Even a short delay of the $35-billion merger would do more harm to Bartlesville, Okla.-based Phillips and Conoco in lost cost savings and future planning than it would save Transeuro Amertrans, the judge ruled, according to the Associated Press.
Holmes also said London-based Transeuro, which buys gasoline from and has a service contract with the companies, failed to show it would be harmed by the merger and likely couldn't win its antitrust lawsuit. The merger is expected to be completed by the end of September.
Transeuro sued April 30 in U.S. District Court in Tulsa alleging the merger, which would create the nation's third-largest oil company in terms of volume, would raise gasoline prices and stifle competition in the consolidating oil industry.
The company filed for a temporary restraining order Tuesday after it claimed to have learned that the Federal Trade Commission would approve the acquisition within a week or two. The FTC is expected to require the companies to sell gasoline stations in the West and refineries before approving the deal. Both Phillips and Conoco have moved to meet those demands, the report said.
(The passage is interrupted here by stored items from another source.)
-- ===== src/Sqs/Poison.antt =====
-- The local checks of an SQS message: the predicates of internal/outboxer/sqs/options.go, and
-- providerSafeID. `parse_url` is net/url's Parse, and `digest` is stableDigest, the SHA-256 of a
-- text in hexadecimal.
use outboxer.Prelude.{
  ℕ, ◌+◌, ◌-◌, ◌*◌, String, Bool, true, false, ◌&&◌, ◌||◌, not, Option, none, some, List, [], ◌∷◌,
  map, length, total, ltb, nat_beq, if◌then◌else◌, is_empty, format, ◌==◌, string_eq, codes,
  between, is_alphanumeric, matches, same_codes, has_prefix, has_suffix, has_part, has_any, before,
  to_lower,
}
use outboxer.Prelude.Int.{ℤ, pos, ltb_ℤ}
use outboxer.Value.{to_bytes}
use outboxer.Sqs.{MessageAttribute, sqs_event_max_size_byte}

abbrev pub sqs_max_attributes : ℕ
sqs_max_attributes = 10

abbrev pub sqs_max_delay_seconds : ℕ
sqs_max_delay_seconds = 900

-- sqsBatchEntryIDPattern
abbrev pub is_entry_id : String → Bool
is_entry_id = matches (λ c. is_alphanumeric c || nat_beq c b'_' || nat_beq c b'-') 1 80

-- Every printable character of ASCII but the space.
abbrev pub is_fifo_char : ℕ → Bool
is_fifo_char c =
    is_alphanumeric c
    || between b'!' b'/' c
    || between b':' b'@' c
    || between b'[' b'`' c
    || between b'{' b'~' c

-- sqsFIFOIDPattern
abbrev pub is_fifo_id : String → Bool
is_fifo_id = matches is_fifo_char 1 128

-- sqsAttributeNameRe
abbrev pub is_attribute_name : String → Bool
is_attribute_name =
    matches (λ c. is_alphanumeric c || nat_beq c b'_' || nat_beq c b'.' || nat_beq c b'-') 1 256

-- Where the decoder of UTF-8 stands in a character: the bytes that are missing, the bounds of the
-- next one, and what the earlier bytes add up to.
pub record Pending : Type 0 where
  pub missing : ℕ
  pub low : ℕ
  pub high : ℕ
  pub sum : ℕ

abbrev pub fresh : Pending
fresh = record { missing = 0; low = 0x80; high = 0xBF; sum = 0 }

abbrev awaiting : ℕ → ℕ → ℕ → ℕ → Option Pending
awaiting missing low high sum =
    some (record { missing = missing; low = low; high = high; sum = sum })

-- The first byte of a character of more than one byte.
abbrev lead : ℕ → Option Pending
lead b =
    if between 0xC2 0xDF b
    then awaiting 1 0x80 0xBF (b - 0xC0)
    else if nat_beq b 0xE0
    then awaiting 2 0xA0 0xBF 0
    else if nat_beq b 0xED
    then awaiting 2 0x80 0x9F (b - 0xE0)
    else if between 0xE1 0xEF b
    then awaiting 2 0x80 0xBF (b - 0xE0)
    else if nat_beq b 0xF0
    then awaiting 3 0x90 0xBF 0
    else if between 0xF1 0xF3 b
    then awaiting 3 0x80 0xBF (b - 0xF0)
    else if nat_beq b 0xF4
    then awaiting 3 0x80 0x8F (b - 0xF0)
    else none

abbrev cons? : ℕ → Option (List ℕ) → Option (List ℕ)
cons? r none = none
cons? r (some rs) = some (r ∷ rs)

-- The runes of a text in UTF-8, and nothing where utf8.Valid is false.
unfoldable pub runes_from : Pending → List ℕ → Option (List ℕ)
runes_from p [] = if nat_beq p.missing 0 then some [] else none
runes_from p (b ∷ bs) =
    let closed = cons? (p.sum * 64 + (b - 0x80)) (runes_from fresh bs) in
    let continued =
      runes_from
        (record { missing = p.missing - 1; low = 0x80; high = 0xBF; sum = p.sum * 64 + (b - 0x80) })
        bs in
    let single = cons? b (runes_from fresh bs) in
    let started : Option (List ℕ) = elim (lead b) [ none ↦ none | some p' ↦ runes_from p' bs ] in
    if nat_beq p.missing 0
    then (if ltb b 0x80 then single else started)
    else if between p.low p.high b
    then (if nat_beq p.missing 1 then closed else continued)
    else none

unfoldable pub runes : List ℕ → Option (List ℕ)
unfolding runes_from
runes = runes_from fresh

abbrev pub allowed_rune : ℕ → Bool
allowed_rune r =
    nat_beq r 9
    || nat_beq r 10
    || nat_beq r 13
    || between 0x20 0xD7FF r
    || between 0xE000 0xFFFD r
    || between 0x10000 0x10FFFF r

abbrev pub every_allowed : List ℕ → Bool
every_allowed [] = true
every_allowed (r ∷ rs) = allowed_rune r && every_allowed rs

-- sqsAllowedUnicodeBytes
unfoldable pub sqs_allowed_unicode_bytes : List ℕ → Bool
unfolding runes
sqs_allowed_unicode_bytes b = elim (runes b) [ none ↦ false | some rs ↦ every_allowed rs ]

-- `len(s)` of a text
abbrev pub text_size : String → ℕ
text_size s = length (to_bytes s)

abbrev pub attribute_size : String × MessageAttribute → ℕ
attribute_size (key, a) =
    text_size key
    + text_size a.data_type
    + (if a.has_string_value then text_size a.string_value else 0)
    + (if a.has_binary_value then length a.binary_value else 0)
    + total text_size a.string_list_values
    + total length a.binary_list_values

-- sqsMessageSize
unfoldable pub sqs_message_size : List ℕ → List (String × MessageAttribute) → ℕ
sqs_message_size body attributes = length body + total attribute_size attributes

-- validSQSAttributeDataType
unfoldable pub valid_sqs_attribute_data_type : String → Bool
valid_sqs_attribute_data_type data_type =
    let base = before b'.' (codes data_type) in
    same_codes base (codes "String")
    || same_codes base (codes "Number")
    || same_codes base (codes "Binary")

-- One round of the loop of validSQSAttributes. Where the name is tested for a prefix without
-- regard to case, the pattern has already confined it to ASCII.
unfoldable pub valid_attribute : String × MessageAttribute → Bool
unfolding valid_sqs_attribute_data_type sqs_allowed_unicode_bytes
valid_attribute (key, a) =
    let name = codes key in
    let lower = map to_lower name in
    let binary_ok = a.has_binary_value && not a.has_string_value in
    let text_ok =
      a.has_string_value
      && not a.has_binary_value
      && not (is_empty a.string_value)
      && sqs_allowed_unicode_bytes (to_bytes a.string_value) in
    not (is_empty key || is_empty a.data_type)
    && is_attribute_name key
    && not (has_prefix (codes "aws.") lower || has_prefix (codes "amazon.") lower)
    && not
        (has_prefix (codes ".") name || has_suffix (codes ".") name || has_part (codes "..") name)
    && valid_sqs_attribute_data_type a.data_type
    && not (a.has_string_list || a.has_binary_list)
    && (if has_prefix (codes "Binary") (codes a.data_type) then binary_ok else text_ok)
    && not (a.has_binary_value && nat_beq (length a.binary_value) 0)

abbrev pub every_attribute : List (String × MessageAttribute) → Bool
every_attribute [] = true
every_attribute (a ∷ rest) = valid_attribute a && every_attribute rest

-- validSQSAttributes
unfoldable pub valid_sqs_attributes : List (String × MessageAttribute) → Bool
unfolding valid_attribute
valid_sqs_attributes attributes =
    not (ltb sqs_max_attributes (length attributes)) && every_attribute attributes

abbrev pub out_of_bounds : Option ℤ → Bool
out_of_bounds none = false
out_of_bounds (some delay) = ltb_ℤ delay (pos 0) || ltb_ℤ (pos sqs_max_delay_seconds) delay

-- isSQSPoison
unfoldable pub is_sqs_poison :
    List ℕ → List (String × MessageAttribute) → String → String → Option ℤ → Bool
unfolding sqs_allowed_unicode_bytes sqs_message_size valid_sqs_attributes
is_sqs_poison body attributes ordering_key deduplication_id delay_seconds =
    nat_beq (length body) 0
    || not (sqs_allowed_unicode_bytes body)
    || ltb sqs_event_max_size_byte (sqs_message_size body attributes)
    || not (valid_sqs_attributes attributes)
    || (not (is_empty ordering_key) && not (is_fifo_id ordering_key))
    || (not (is_empty deduplication_id) && not (is_fifo_id deduplication_id))
    || out_of_bounds delay_seconds

pub record Url : Type 0 where
  pub scheme : String
  pub host : String
  pub path : String

-- `strings.Trim(path, "/") != ""`
abbrev not_only_slashes : List ℕ → Bool
not_only_slashes [] = false
not_only_slashes (c ∷ cs) = not (nat_beq c b'/') || not_only_slashes cs

abbrev url_ok : Option Url → Bool
url_ok none = false
url_ok (some url) =
    is_empty url.scheme
    || ((url.scheme == "http" || url.scheme == "https")
        && not (is_empty url.host)
        && not_only_slashes (codes url.path))

-- validSQSQueueURL
unfoldable pub valid_sqs_queue_url : (String → Option Url) → String → Bool
valid_sqs_queue_url parse_url queue_url =
    not (is_empty queue_url || has_any (32 ∷ 9 ∷ 13 ∷ 10 ∷ []) (codes queue_url))
    && url_ok (parse_url queue_url)

-- syntheticFIFOGroupID
unfoldable pub synthetic_fifo_group_id : (String → String) → String → String
synthetic_fifo_group_id digest event_id = format ("outboxer-" ∷ digest event_id ∷ [])

-- providerSafeID
unfoldable pub provider_safe_id : (String → String) → String → (String → Bool) → String
provider_safe_id digest value pattern = if pattern value then value else digest value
ConocoPhillips, which would have its headquarters in Houston, would be the world's sixth-largest oil company and the nation's leading gasoline retailer. The combined firm would control 13 percent of the nation's refining capacity, officials said.
Transeuro Amertrans argued that ConocoPhillips will be able to raise prices at its retail outlets and that reduced competition in an already consolidated industry would make price collusion easier, the report said. But Phillips and Conoco attorneys countered that the combined company will still lack the market share to control prices and that federal regulators consider the oil industry sufficiently competitive.